Problem description: Each line of the listing below, from the very first to the one that contains "first (String.◌∷◌ c s) = c", is to be retyped exactly as it stands.

Data for this exercise:
-- ===== src/Auth/Tokens/Plain.antt =====
-- Unsigned tokens that spell their claims out: an instance that shows that the laws can hold.
use Prim.Native.Char.{Char, code, nul}
use text.Mathlib.Text.{◌==◌ as str_eq}
use text.Mathlib.TextPositions.{eq_refl}
use attendence_v.Prelude.{
  ℕ, zero, suc, ◌*◌, ◌<◌, ◌≡◌, refl, String, Option, some, none, arith, ltb, leb, ◌&&◌, ◌≤◌, ◌==◌,
  if◌then◌else◌,
}
use attendence_v.Storage.Models.{UserRole, admin, instructor, auditor, operator}
use attendence_v.Redis.{second}
use attendence_v.Auth.Tokens.{TokenType, TokenClaims, Jwt, access, refresh}

unfoldable pub first : String → Char
first String.[] = nul
first (String.◌∷◌ c s) = c

unfoldable pub more : Char
unfolding first
more = first "m"

abbrev pub put_number : ℕ → String → String
put_number zero s = String.◌∷◌ nul s
put_number (suc n) s = String.◌∷◌ more (put_number n s)

abbrev pub get_number : String → ℕ × String
get_number String.[] = (0, String.[])
get_number (String.◌∷◌ c s) =
    let rest = get_number s in if code c == 0 then (0, s) else (suc rest.0, rest.1)

pub get-put_number : (n : ℕ) (s : String) → get_number (put_number n s) ≡ (n, s)
unfolding more
get-put_number zero s = refl
get-put_number (suc n) s = rw (get-put_number n s) refl

abbrev pub put_string : String → String → String
put_string String.[] s = String.◌∷◌ nul s
put_string (String.◌∷◌ c u) s = String.◌∷◌ more (String.◌∷◌ c (put_string u s))

mutual
  pub get_string : String → String × String
  get_string String.[] = (String.[], String.[])
  get_string (String.◌∷◌ c s) = if code c == 0 then (String.[], s) else get_letter s

  get_letter : String → String × String
  get_letter String.[] = (String.[], String.[])
  get_letter (String.◌∷◌ c s) = (String.◌∷◌ c (get_string s).0, (get_string s).1)

pub get-put_string : (u s : String) → get_string (put_string u s) ≡ (u, s)
unfolding get_string get_letter more
get-put_string String.[] s = refl
get-put_string (String.◌∷◌ c u) s = rw (get-put_string u s) refl

abbrev type_number : TokenType → ℕ
type_number access = 0
type_number refresh = 1

abbrev type_of_number : ℕ → TokenType
type_of_number k = if k == 0 then access else refresh

abbrev role_number : UserRole → ℕ
role_number admin = 0
role_number instructor = 1
role_number auditor = 2
role_number operator = 3

abbrev role_of_number : ℕ → UserRole
role_of_number k =
    if k == 0 then admin else if k == 1 then instructor else if k == 2 then auditor else operator

type_of-type_number : (t : TokenType) → type_of_number (type_number t) ≡ t
type_of-type_number access = refl
type_of-type_number refresh = refl

role_of-role_number : (r : UserRole) → role_of_number (role_number r) ≡ r
role_of-role_number admin = refl
role_of-role_number instructor = refl
role_of-role_number auditor = refl
role_of-role_number operator = refl

unfoldable pub spell : TokenClaims → String
spell c = put_number c.sub (
    put_string c.jti (
      put_number (type_number c.token_type) (
        put_number c.exp (
          put_number c.iat
            (put_string c.iss (put_string c.aud (put_number (role_number c.role) "")))))))

unfoldable pub parse : String → TokenClaims
parse s0 =
    let (sub, s1) = get_number s0 in
    let (jti, s2) = get_string s1 in
    let (token_type, s3) = get_number s2 in
    let (exp, s4) = get_number s3 in
    let (iat, s5) = get_number s4 in
    let (iss, s6) = get_string s5 in
    let (aud, s7) = get_string s6 in
    record {
      sub = sub;
      jti = jti;
      token_type = type_of_number token_type;
      exp = exp;
      iat = iat;
      iss = iss;
      aud = aud;
      role = role_of_number (get_number s7).0;
    }

parse-spell : (c : TokenClaims) → parse (spell c) ≡ c
unfolding parse spell
parse-spell c =
    let s7 = put_number (role_number c.role) "" in
    let s6 = put_string c.aud s7 in
    let s5 = put_string c.iss s6 in
    let s4 = put_number c.iat s5 in
    let s3 = put_number c.exp s4 in
    let s2 = put_number (type_number c.token_type) s3 in
    let s1 = put_string c.jti s2 in
    rw
      (
        get-put_number c.sub s1,
        get-put_string c.jti s2,
        get-put_number (type_number c.token_type) s3,
        get-put_number c.exp s4,
        get-put_number c.iat s5,
        get-put_string c.iss s6,
        get-put_string c.aud s7,
        get-put_number (role_number c.role) "",
        type_of-type_number c.token_type,
        role_of-role_number c.role,
      )
      refl

unfoldable pub admitted : ℕ → String → String → TokenClaims → Option TokenClaims
admitted t audience issuer c =
    if ltb t (c.exp * second)
      && leb (c.iat * second) t
      && str_eq c.aud audience
      && str_eq c.iss issuer
    then some c
    else none

abbrev pub decode : ℕ → String → String → String → Option TokenClaims
decode t audience issuer token = admitted t audience issuer (parse token)

pub decode-spell :
    (t : ℕ) (c : TokenClaims)
    → c.iat * second ≤ t
    → t < c.exp * second
    → decode t c.aud c.iss (spell c) ≡ some c
unfolding admitted
decode-spell t c begun early = rw (parse-spell c) (ground (arith, eq_refl c.aud, eq_refl c.iss))

pub decode_early :
    (t : ℕ) (audience issuer token : String) (c : TokenClaims)
    → decode t audience issuer token ≡ some c
    → t < c.exp * second
unfolding admitted
decode_early t audience issuer token c h = ground arith

pub decode_equal :
    (t t' : ℕ) (audience issuer token : String) (c c' : TokenClaims)
    → decode t audience issuer token ≡ some c
    → decode t' audience issuer token ≡ some c'
    → c' ≡ c
unfolding admitted
decode_equal t t' audience issuer token c c' h h' = ground arith

abbrev pub plain_jwt : Jwt
plain_jwt = record {
  encode = spell;
  decode = decode;
  decode-encode = decode-spell;
  decode_unexpired = decode_early;
  decode_same = decode_equal;
}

Exercise result:
-- ===== src/Auth/Tokens/Plain.antt =====
-- Unsigned tokens that spell their claims out: an instance that shows that the laws can hold.
use Prim.Native.Char.{Char, code, nul}
use text.Mathlib.Text.{◌==◌ as str_eq}
use text.Mathlib.TextPositions.{eq_refl}
use attendence_v.Prelude.{
  ℕ, zero, suc, ◌*◌, ◌<◌, ◌≡◌, refl, String, Option, some, none, arith, ltb, leb, ◌&&◌, ◌≤◌, ◌==◌,
  if◌then◌else◌,
}
use attendence_v.Storage.Models.{UserRole, admin, instructor, auditor, operator}
use attendence_v.Redis.{second}
use attendence_v.Auth.Tokens.{TokenType, TokenClaims, Jwt, access, refresh}

unfoldable pub first : String → Char
first String.[] = nul
first (String.◌∷◌ c s) = c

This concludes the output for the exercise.